RECORDS FOR PROCESSING:
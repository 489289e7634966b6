-- ===== src/Subscription/Reads.antt =====
-- src/modules/subscription/repository.ts and service.ts: the lists and the sampler's queries.
use Prim.Native.Nat.{compare}
use wasla_core.Base.{ℕ, Option, none, some, Bool, true, false, ◌||◌, List, [], ◌∷◌, filter, ◌==◌}
use wasla_core.Base.Int.{ℤ}
use wasla_core.Base.Sort.{sort}
use wasla_core.Base.Table.{values}
use wasla_core.Money.Ages.{ages, counts}
use wasla_core.Platform.Errors.{Result, ok, err}
use wasla_core.Platform.Ids.{IdText, assert_id}
use wasla_core.Subscription.Domain.{
  Subscription, SubscriptionStatus, active, past_due, cancelled, expired, SubscriptionOwnerType,
  SubscriptionPeriod,
}
use wasla_core.Subscription.Store.{
  SubscriptionStore, compare_subscriptions, list_subscriptions_for_owner, require_subscription,
}

abbrev pub same_status : SubscriptionStatus → SubscriptionStatus → Bool
same_status active active = true
same_status past_due past_due = true
same_status cancelled cancelled = true
same_status expired expired = true
same_status _ _ = false

abbrev pub includes_status : List SubscriptionStatus → SubscriptionStatus → Bool
includes_status [] status = false
includes_status (x ∷ xs) status = same_status x status || includes_status xs status

unfoldable pub list_subscriptions_by_status :
    List SubscriptionStatus → SubscriptionStore → List Subscription
list_subscriptions_by_status statuses s =
    sort compare_subscriptions
      (filter (λ x. includes_status statuses x.status) (values s.subscriptions))

abbrev has_status : Subscription → SubscriptionStatus → Bool
has_status s status = same_status s.status status

-- `countSubscriptionsByStatus` and `oldestAgeByStatus`, as functions of the status.
unfoldable pub count_subscriptions_by_status : SubscriptionStore → SubscriptionStatus → ℕ
unfolding counts
count_subscriptions_by_status s =
    counts has_status (λ x. x.created_at) 0 (values s.subscriptions) (λ status. 0)

unfoldable pub oldest_subscription_age_by_status :
    ℕ → SubscriptionStore → SubscriptionStatus → Option ℤ
unfolding ages
oldest_subscription_age_by_status now s =
    ages has_status (λ x. x.created_at) now (values s.subscriptions) (λ status. none)

abbrev of_subscription : ℕ → SubscriptionStore → List SubscriptionPeriod
of_subscription subscription_id s =
    filter (λ p. p.subscription_id == subscription_id) (values s.periods)

unfoldable pub list_periods : ℕ → SubscriptionStore → List SubscriptionPeriod
list_periods subscription_id s =
    sort (λ a b. compare a.sequence b.sequence) (of_subscription subscription_id s)

abbrev pub first_of {ℓ} : {A : Type ℓ} → List A → Option A
first_of [] = none
first_of (x ∷ xs) = some x

unfoldable pub latest_period : ℕ → SubscriptionStore → Option SubscriptionPeriod
latest_period subscription_id s =
    first_of (sort (λ a b. compare b.sequence a.sequence) (of_subscription subscription_id s))

-- The answer of `getSubscription`, for a subscription that is there.
abbrev pub with_periods :
    ℕ → SubscriptionStore → Subscription → Subscription × List SubscriptionPeriod
unfolding list_periods
with_periods subscription_id s subscription = (subscription, list_periods subscription_id s)

unfoldable pub get_subscription :
    IdText → SubscriptionStore → Result (Subscription × List SubscriptionPeriod)
unfolding require_subscription with_periods
get_subscription subscription_id s = elim (assert_id "subscription_id" subscription_id) [
  | err e ↦ err e
  | ok known ↦ elim (require_subscription known s) [
    | err e ↦ err e
    | ok subscription ↦ ok (with_periods known s subscription)
  ]
]

-- The service's `listSubscriptionsForOwner`.
unfoldable pub subscriptions_of_owner :
    SubscriptionOwnerType → IdText → SubscriptionStore → Result (List Subscription)
unfolding list_subscriptions_for_owner
subscriptions_of_owner owner_type owner_id s = elim (assert_id "owner_id" owner_id) [
  | err e ↦ err e
  | ok known ↦ ok (list_subscriptions_for_owner owner_type known s)
]
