-- ===== src/Subscription/Tests.antt =====
-- Examples of the subscriptions' theorems at work.
use wasla_core.Base.{none, some, true, false, ◌≡◌, refl, ◌⊎◌, [], ◌∷◌, arith}
use wasla_core.Base.Int.{pos}
use wasla_core.Base.Table.{get, values, IsKeyed}
use wasla_core.Money.Domain.{int, Wallet, WalletOwnerType, WalletStatus}
use wasla_core.Platform.Errors.{Failure, ok, err}
use wasla_core.Platform.Ids.{uuid}
use wasla_core.Platform.UnitOfWork.{Scope, System, ◌>>=◌, commit, run_mutations, verify}
use wasla_core.Platform.Texts.{trim, is_empty_text, is_currency}
use wasla_core.Subscription.Domain.{
  organization, active, pending, settled, month, active_plan, Plan, PlanGrant, Subscription,
  SubscriptionPeriod, UsageRecord, EntitlementDecision, positive_quantity,
}
use wasla_core.Subscription.Entitlement.{CheckEntitlementInput, check_entitlement, asked_quantity}
use wasla_core.Subscription.Granting.{any, gives, entitles, check_entitlement-allowed}
use wasla_core.Subscription.Metering.{IsTidy, Counted, record_usage-counts_once}
use wasla_core.Subscription.Outcomes.{IsEarlier, IsReport}
use wasla_core.Subscription.Store.{SubscriptionStore, find_period_covering, usage_total, total_of}
use wasla_core.Subscription.Subscribers.{subscription_references, subscription_currency_check}
use wasla_core.Subscription.Periods.{money_agreement, with_period, write_period}
use wasla_core.Subscription.Periods.Disjoint.{IsDisjoint, period_key, write_period-IsDisjoint}
use wasla_core.Subscription.Ending.{CancelInput, cancel_subscription}
use wasla_core.Subscription.Ending.Honoured.{Honoured, cancel-Honoured}
use wasla_core.Subscription.Usage.{RecordUsageInput, record_usage, unset, required_text}

abbrev seats : PlanGrant
seats = record { plan_id = 2; feature_key = "seats"; limit_value = some 10 }

abbrev member : Subscription
member = record {
  subscription_id = 3;
  owner_type = organization;
  owner_id = 5;
  plan_id = 2;
  wallet_id = 6;
  status = active;
  created_at = 100;
  cancelled_at = none;
  cancel_reason = none;
  ended_at = none;
}

abbrev first_period : SubscriptionPeriod
first_period = record {
  period_id = 7;
  subscription_id = 3;
  sequence = 1;
  starts_at = 100;
  ends_at = 1000;
  currency = "EUR";
  amount_minor = 0;
  status = settled;
  authorization_id = none;
  created_at = 100;
  settled_at = some 100;
  uncollectible_reason = none;
}

abbrev four_seats : UsageRecord
four_seats = record {
  usage_id = 8;
  period_id = 7;
  feature_key = "seats";
  quantity = 4;
  usage_reference = "r1";
  recorded_at = 200;
  correlation_id = none;
}

abbrev purse : Wallet
purse = record {
  wallet_id = 6;
  owner_type = WalletOwnerType.organization;
  owner_id = 5;
  currency = "EUR";
  status = WalletStatus.active;
  created_at = 50;
}

abbrev team : Plan
team = record {
  plan_id = 2;
  code = "team";
  name = "Team";
  currency = "EUR";
  amount_minor = 500;
  billing_interval = month;
  interval_count = 1;
  status = active_plan;
  created_at = 50;
  activated_at = some 60;
  retired_at = none;
}

abbrev system : System SubscriptionStore
system = record {
  store = record {
    money = record { wallets = (6, purse) ∷ []; authorizations = []; ledger = [] };
    plans = (2, team) ∷ [];
    grants = seats ∷ [];
    subscriptions = (3, member) ∷ [];
    periods = (7, first_period) ∷ [];
    usage = (8, four_seats) ∷ [];
  };
  outbox = [];
  audit_log = [];
  next_id = 9;
  now = 300;
}

abbrev report : RecordUsageInput
report = record {
  subscription_id = uuid 3;
  feature_key = " seats ";
  quantity = int (pos 2);
  usage_reference = "r2";
  at = unset;
  correlation_id = "c";
}

abbrev question : CheckEntitlementInput
question = record {
  owner_type = organization;
  owner_id = uuid 5;
  feature_key = "seats ";
  quantity = some (int (pos 6));
  at = unset;
}

system-IsTidy : IsTidy system
unfolding get
system-IsTidy = ground arith

record_usage-counts_once_example :
    let r = record_usage report system system in
    IsTidy r.1
    × (((r.1.store ≡ system.store) × ((e : Failure) × (r.0 ≡ err e)))
        ⊎ ((r.1.store ≡ system.store)
            × ((u : UsageRecord) × (r.0 ≡ ok (u, false)) × IsEarlier report system u))
        ⊎ ((u : UsageRecord) × IsReport report system u × Counted system u r))
record_usage-counts_once_example = record_usage-counts_once report system system system-IsTidy

check_entitlement-allowed_example :
    (d : EntitlementDecision) × (check_entitlement question system ≡ ok d)
    × (d.allowed
        ≡ any (gives organization 5 "seats" 6 300 system.store) (values system.store.subscriptions))
check_entitlement-allowed_example =
    check_entitlement-allowed question system 5 6 300 "seats" refl
      (unfold required_text is_empty_text in refl) (unfold asked_quantity in refl) refl

-- The sixth to tenth seats fit, and the reporter's new reference is written.
question_given :
    any (gives organization 5 "seats" 6 300 system.store) (values system.store.subscriptions) ≡ true
unfolding any entitles values usage_total total_of
question_given = refl

report_answer :
    (record_usage report system system).0
    ≡ ok (
      record four_seats {
        usage_id = 9;
        quantity = 2;
        usage_reference = "r2";
        recorded_at = 300;
        correlation_id = some "c";
      },
      true,
    )
unfolding record_usage ◌>>=◌ required_text is_empty_text positive_quantity get values commit
    run_mutations verify
report_answer = refl

abbrev second_period : SubscriptionPeriod
second_period = record first_period {
  period_id = 9;
  sequence = 2;
  starts_at = 1000;
  ends_at = 2000;
  amount_minor = 500;
  status = pending;
  settled_at = none;
}

abbrev before : Scope SubscriptionStore
before = record { store = system.store; deferred = [] }

abbrev after : Scope SubscriptionStore
after = record { store = with_period second_period system.store; deferred = money_agreement 9 ∷ [] }

periods-IsKeyed : IsKeyed period_key before.store.periods
unfolding get
periods-IsKeyed = ground arith

periods-IsDisjoint : IsDisjoint before.store.periods
unfolding get
periods-IsDisjoint i j at p q e d same c c' = ground (arith, e, d)

second_period_written : write_period second_period before ≡ ok after
unfolding write_period is_currency values get
second_period_written = refl

write_period-IsDisjoint_example :
    IsKeyed period_key after.store.periods × IsDisjoint after.store.periods
write_period-IsDisjoint_example =
    write_period-IsDisjoint second_period before after periods-IsKeyed periods-IsDisjoint
      second_period_written

abbrev leave : CancelInput
leave = record { subscription_id = uuid 3; reason = " moving "; correlation_id = "c" }

leave_said : required_text "reason is required" leave.reason ≡ ok "moving"
unfolding required_text is_empty_text
leave_said = refl

moving_not_empty : is_empty_text "moving" ≡ false
unfolding is_empty_text
moving_not_empty = refl

member_stored : get 3 system.store.subscriptions ≡ some member
unfolding get
member_stored = refl

member_covered : find_period_covering 3 300 system.store ≡ some first_period
unfolding find_period_covering values
member_covered = refl

member_referred : subscription_references member system.store ≡ none
unfolding subscription_references get
member_referred = refl

member_billed : subscription_currency_check member system.store ≡ none
unfolding subscription_currency_check get trim
member_billed = refl

cancel-Honoured_example :
    Honoured system member first_period "moving" (cancel_subscription leave system system)
cancel-Honoured_example =
    cancel-Honoured leave system member first_period "moving" refl leave_said moving_not_empty
      member_stored refl member_covered refl member_referred member_billed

WHAT THE EXERCISE ASKS: For every line of the records that has the word "expired" in it, make a copy.

WRITTEN REPLY:
  Subscription, SubscriptionStatus, active, past_due, cancelled, expired, SubscriptionOwnerType,
same_status expired expired = true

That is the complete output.